Figure 4: A display of a Circos plot between scaffolded target genome and all reference genomes.


Figure 5: A display of a Circos plot between scaffolded target genome and a selected reference genome, where the sequence markers are arranged in alternating layers along the two-layer inner circle.

Tab page of "Dotplot validation"

In the "Dotplot validation" tab page (see Figure 6 for an example), Multi-CSAR displays its its scaffolding result by a dotplot between the scaffolded target genome and a selected reference genome (the default is the first reference genome). If the contigs of the target genome are perfectly scaffolded according to the selected reference genome, the matched sequence regions of sequence markers in the dotplot would go from the bottom left to the top right (as shown in Figure 6) or go from the top left to the bottom right. Such a dotplot display of the scaffolding result is another convenient way to help the users to visually validate whether the contigs of the target genome are properly scaffolded according to the reference genomes.
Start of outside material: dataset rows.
-- ===== src/Store/Jobs.antt =====
-- internal/clientupdate/job.go and internal/database/client_update_jobs.go: the window of a
-- client update and its changes of state; Scheduling has its creation.
pub mod Scheduling
pub mod Lifecycle
pub mod Open
pub mod Repeat
use stumpfworks_identity.Base.{
  ℕ, ◌+◌, ◌-◌, ◌*◌, ◌/◌, Bool, true, false, not, ◌&&◌, ◌||◌, Option, [], ◌++◌, Text, codes, text_eq,
  length, find, count, update, ltb, ◌==◌, if◌then◌else◌, invalid, conflict, Result, ok, ◌>>=◌, ◌>>◌,
  require, refuse, Faults, transaction,
}
use stumpfworks_identity.Store.Schema.{
  Event, AuditEntry, AuthMode, JobState, UpdateJob, Database, client_update_scheduled,
  client_update_dispatched, client_update_succeeded, client_update_failed, client_update_cancelled,
  client_update_expired, token_only, scheduled, dispatched, succeeded, failed, cancelled, expired,
  insert_audit, query_row, exec, validate_audit_ip,
}

abbrev pub second : ℕ
second = 1000000000

-- time.Unix(s, 0), with seconds counted from the zero time as the instants are.
abbrev pub from_unix : ℕ → ℕ
from_unix s = s * second

abbrev pub unix : ℕ → ℕ
unix t = t / second

abbrev pub day : ℕ
day = 86400 * second

pub record JobWindow : Type 0 where
  pub not_before : ℕ
  pub expires_at : ℕ
  pub lightdm_maintenance : Bool

-- JobWindow.Validate. Of the two tests on the length, the first refuses every window that ends
-- before it begins, so the truncated difference is read only where it is exact.
unfoldable pub validate : JobWindow → ℕ → Bool → Result (Unit {0})
validate w now requires_lightdm = do
  refuse
      (w.not_before == 0
        || (w.expires_at == 0
            || (not (ltb w.not_before w.expires_at)
                || (ltb day (w.expires_at - w.not_before)
                    || (not (ltb now w.expires_at) || ltb (now + 90 * day) w.not_before)))))
      invalid
  refuse (requires_lightdm && not w.lightdm_maintenance) invalid

abbrev pub state_eq : JobState → JobState → Bool
state_eq scheduled scheduled = true
state_eq dispatched dispatched = true
state_eq succeeded succeeded = true
state_eq failed failed = true
state_eq cancelled cancelled = true
state_eq expired expired = true
state_eq _ _ = false

-- JobWindow.Transition: the cases in which it returns nil.
unfoldable pub may_move : JobWindow → JobState → JobState → ℕ → Bool
may_move w succeeded succeeded now = true
may_move w failed failed now = true
may_move w cancelled cancelled now = true
may_move w expired expired now = true
may_move w scheduled cancelled now = true
may_move w scheduled expired now = not (ltb now w.expires_at)
may_move w scheduled dispatched now = not (ltb now w.not_before) && ltb now w.expires_at
may_move w dispatched succeeded now = true
may_move w dispatched failed now = true
may_move w _ _ now = false

unfoldable pub transition : JobWindow → JobState → JobState → ℕ → Result (Unit {0})
transition w from to now = require (may_move w from to now) conflict

-- What the package reads of other packages: regexp's match of an identifier, hex.DecodeString,
-- net.ParseIP.
pub record Externals : Type 0 where
  pub is_identifier : Text → Bool
  pub hex_decode : Text → Option Text
  pub parse_ip : Text → Bool

abbrev pub is_token_only : AuthMode → Bool
is_token_only token_only = true
is_token_only _ = false

abbrev pub job_event : JobState → Event
job_event scheduled = client_update_scheduled
job_event dispatched = client_update_dispatched
job_event succeeded = client_update_succeeded
job_event failed = client_update_failed
job_event cancelled = client_update_cancelled
job_event expired = client_update_expired

abbrev pub job_entry : JobState → Text → Text → Text → Text → AuditEntry
job_entry state client actor ip id = record {
  event = job_event state;
  badge_id = [];
  username = actor;
  client_id = client;
  success = true;
  ip_address = ip;
  details = codes "job=" ++ id;
}

-- id=$1 AND client_id=$2
abbrev pub is_job : Text → Text → UpdateJob → Bool
is_job id client j = text_eq j.id id && text_eq j.client_id client

-- The device must be enabled and must not authenticate by token alone.
unfoldable pub require_device : Faults → ℕ → Text → Database → Result (Unit {0})
require_device faults call client db = do
  device ← query_row (faults call) (find (λ c. text_eq c.client_id client) db.clients)
  refuse (not device.enabled || is_token_only device.auth_mode) conflict

-- The UPDATE of changeUpdateJob with its check, and the audit entry; `calls` is the number of the
-- first of its driver calls.
unfoldable pub move_job :
    Faults
    → ℕ
    → UpdateJob
    → JobState
    → Bool
    → Text
    → Text
    → ℕ
    → Database
    → Result (Unit {0} × Database)
move_job faults calls j to rollback actor ip now db = do
  let selected = λ (row : UpdateJob). is_job j.id j.client_id row && state_eq row.state j.state
  updated ← exec (faults (calls + 2)) (record db {
    update_jobs =
        update selected
          (λ row. record row { state = to; rollback_available = rollback; updated_at = unix now })
          db.update_jobs;
  })
  require (count selected db.update_jobs == 1) conflict
  audited ←
      exec (faults (calls + 3)) (insert_audit (job_entry to j.client_id actor ip j.id) updated)
  ok (tt, audited)

-- A report of the state that the job is in already.
unfoldable pub repeat_job : UpdateJob → Bool → Database → Result (Unit {0} × Database)
repeat_job j rollback db = do
  let agrees = (j.rollback_available && rollback) || (not j.rollback_available && not rollback)
  require agrees conflict
  ok (tt, db)

unfoldable pub change_found :
    Faults
    → ℕ
    → UpdateJob
    → JobState
    → Bool
    → Text
    → Text
    → ℕ
    → Database
    → Result (Unit {0} × Database)
change_found faults calls j to rollback actor ip now db =
    if state_eq j.state to then repeat_job j rollback db else (do
      transition
          (record {
            not_before = from_unix j.not_before;
            expires_at = from_unix j.expires_at;
            lightdm_maintenance = false;
          })
          j.state to now
      if state_eq to dispatched then require_device faults (calls + 1) j.client_id db else ok tt
      move_job faults calls j to rollback actor ip now db)

-- changeUpdateJob. The row that is found has the identifier and the client that were asked for.
unfoldable pub change_update_job :
    Externals
    → Faults
    → ℕ
    → Text
    → Text
    → JobState
    → Bool
    → Text
    → Text
    → ℕ
    → Database
    → Result (Unit {0} × Database)
change_update_job x faults calls id client to rollback actor ip now db = do
  refuse (not (x.is_identifier id) || ltb 128 (length actor)) invalid
  validate_audit_ip x.parse_ip ip
  j ← query_row (faults calls) (find (is_job id client) db.update_jobs)
  change_found faults calls j to rollback actor ip now db

unfoldable pub change_client_update_job :
    Externals
    → Faults
    → Faults
    → Text
    → Text
    → JobState
    → Bool
    → Text
    → Text
    → ℕ
    → Database
    → Database × Result (Unit {0})
change_client_update_job x outer faults id client to rollback actor ip now db =
    transaction outer db λ tx. change_update_job x faults 0 id client to rollback actor ip now tx
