-- ===== src/Store/Jobs/Scheduling.antt =====
-- internal/database/client_update_jobs.go: how a job is scheduled, once for every request.
use stumpfworks_identity.Base.{
  ℕ, ◌-◌, Bool, true, false, not, ◌&&◌, ◌||◌, none, some, ◌∷◌, Text, text_eq, length, find, any,
  ltb, leb, ◌==◌, driver, constraint, invalid, conflict, Result, ok, ◌>>=◌, ◌>>◌, require, refuse,
  or_fail, Faults, transaction,
}
use stumpfworks_identity.Store.Schema.{
  UpdateJob, Database, scheduled, dispatched, expired, insert_audit, exec, validate_audit_ip,
}
use stumpfworks_identity.Store.Jobs.{
  from_unix, unix, validate, state_eq, Externals, job_entry, require_device, change_update_job,
}

abbrev pub bool_eq : Bool → Bool → Bool
bool_eq true b = b
bool_eq false b = not b

-- The fields of the immutable request, compared with those of the stored job.
unfoldable pub same_request : UpdateJob → UpdateJob → Bool
same_request old j =
    text_eq old.client_id j.client_id
    && (text_eq old.release_id j.release_id
        && (text_eq old.release_version j.release_version
            && (text_eq old.package_sha256 j.package_sha256
                && ((old.not_before == j.not_before)
                    && ((old.expires_at == j.expires_at)
                        && bool_eq old.maintenance j.maintenance)))))

abbrev pub is_open : UpdateJob → Bool
is_open j = state_eq j.state scheduled || state_eq j.state dispatched

abbrev pub open_of : Text → UpdateJob → Bool
open_of client j = text_eq j.client_id client && is_open j

-- The CHECK clauses of the table.
unfoldable pub row_fits : UpdateJob → Bool
row_fits j =
    leb 16 (length j.id)
    && (leb (length j.id) 64
        && (leb 16 (length j.release_id)
            && (leb (length j.release_id) 64
                && (leb 1 (length j.release_version)
                    && (leb (length j.release_version) 64
                        && ((length j.package_sha256 == 64)
                            && (ltb j.not_before j.expires_at
                                && leb (j.expires_at - j.not_before) 86400)))))))

-- INSERT with the primary key, the CHECK clauses, the reference to clients and the unique index on
-- the open jobs of a client.
unfoldable pub insert_job : Faults → UpdateJob → Database → Result Database
insert_job faults j db = do
  refuse (faults 8) driver
  require (row_fits j) constraint
  require (any (λ c. text_eq c.client_id j.client_id) db.clients) constraint
  refuse (any (λ row. text_eq row.id j.id) db.update_jobs) constraint
  refuse (any (open_of j.client_id) db.update_jobs) constraint
  ok (record db { update_jobs = j ∷ db.update_jobs })

-- client_id=$1 AND state='scheduled' AND expires_at<=$2
abbrev pub overdue : Text → ℕ → UpdateJob → Bool
overdue client now j =
    text_eq j.client_id client && (state_eq j.state scheduled && leb j.expires_at (unix now))

-- A scheduled job of the client whose window has ended is expired before the next one is added.
unfoldable pub expire_overdue :
    Externals → Faults → Text → Text → Text → ℕ → Database → Result Database
expire_overdue x faults client actor ip now db = do
  refuse (faults 3) driver
  elim (find (overdue client now) db.update_jobs) [
    | none ↦ ok db
    | some previous ↦ (do
      changed ← change_update_job x faults 4 previous.id client expired false actor ip now db
      ok changed.1)
  ]

abbrev pub stored : UpdateJob → ℕ → UpdateJob
stored j now = record j {
  state = scheduled;
  rollback_available = false;
  created_at = unix now;
  updated_at = unix now;
}

unfoldable pub add_job :
    Faults → UpdateJob → Text → Text → ℕ → Database → Result (Unit {0} × Database)
add_job faults j actor ip now db = do
  inserted ← insert_job faults (stored j now) db
  audited ← exec (faults 9) (insert_audit (job_entry scheduled j.client_id actor ip j.id) inserted)
  ok (tt, audited)

unfoldable pub schedule_new :
    Externals → Faults → UpdateJob → Text → Text → ℕ → Database → Result (Unit {0} × Database)
schedule_new x faults j actor ip now db = do
  ready ← expire_overdue x faults j.client_id actor ip now db
  add_job faults j actor ip now ready

-- createUpdateJob
unfoldable pub create_update_job :
    Externals → Faults → UpdateJob → Text → Text → ℕ → Database → Result (Unit {0} × Database)
create_update_job x faults j actor ip now db = do
  refuse
      (not (x.is_identifier j.id)
        || (not (x.is_identifier j.release_id)
            || (ltb 64 (length j.client_id)
                || ((length j.client_id == 0) || ltb 128 (length actor)))))
      invalid
  digest ← or_fail (x.hex_decode j.package_sha256) invalid
  require (length digest == 32) invalid
  validate
      (record {
        not_before = from_unix j.not_before;
        expires_at = from_unix j.expires_at;
        lightdm_maintenance = j.maintenance;
      })
      now false
  validate_audit_ip x.parse_ip ip
  require_device faults 1 j.client_id db
  refuse (faults 2) driver
  elim (find (λ row. text_eq row.id j.id) db.update_jobs) [
    | none ↦ schedule_new x faults j actor ip now db
    | some old ↦ (do require (same_request old j) conflict; ok (tt, db))
  ]

unfoldable pub create_client_update_job :
    Externals
    → Faults
    → Faults
    → UpdateJob
    → Text
    → Text
    → ℕ
    → Database
    → Database × Result (Unit {0})
create_client_update_job x outer faults j actor ip now db =
    transaction outer db λ tx. create_update_job x faults j actor ip now tx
Figure 6: A display of the "Dotplot validation" tab page.

Tab page of "Scaffolds of target"

In the "Scaffolds of target" tab page. (see Figure 7 for an example), Multi-CSAR displays its scaffolding result in tabular format for the purpose of allowing the users to view the scaffolds of the target genome in detail. The scaffolds in the table are sorted according to their sizes, which equals to the sum of contig sizes. The contigs of each scaffold, along with their orientation (0 standing for forward and 1 for reverse), sequence and length, are listed in a table according to their order in the scaffold. For downstream analyses, the users can download the scaffolds of the target genome either in a tab-delimited text format or a comma-delimited CSV format by clicking the "Download scaffolds (.txt)" or "Download scaffolds (.csv)" button, respectively. In addition, the users can download the scaffold sequences in the text format by clicking the "Download sequences" button, where contig sequences in the same scaffold are separated by 100 Ns.


Figure 7: A display of the "Scaffolds of target" tab page.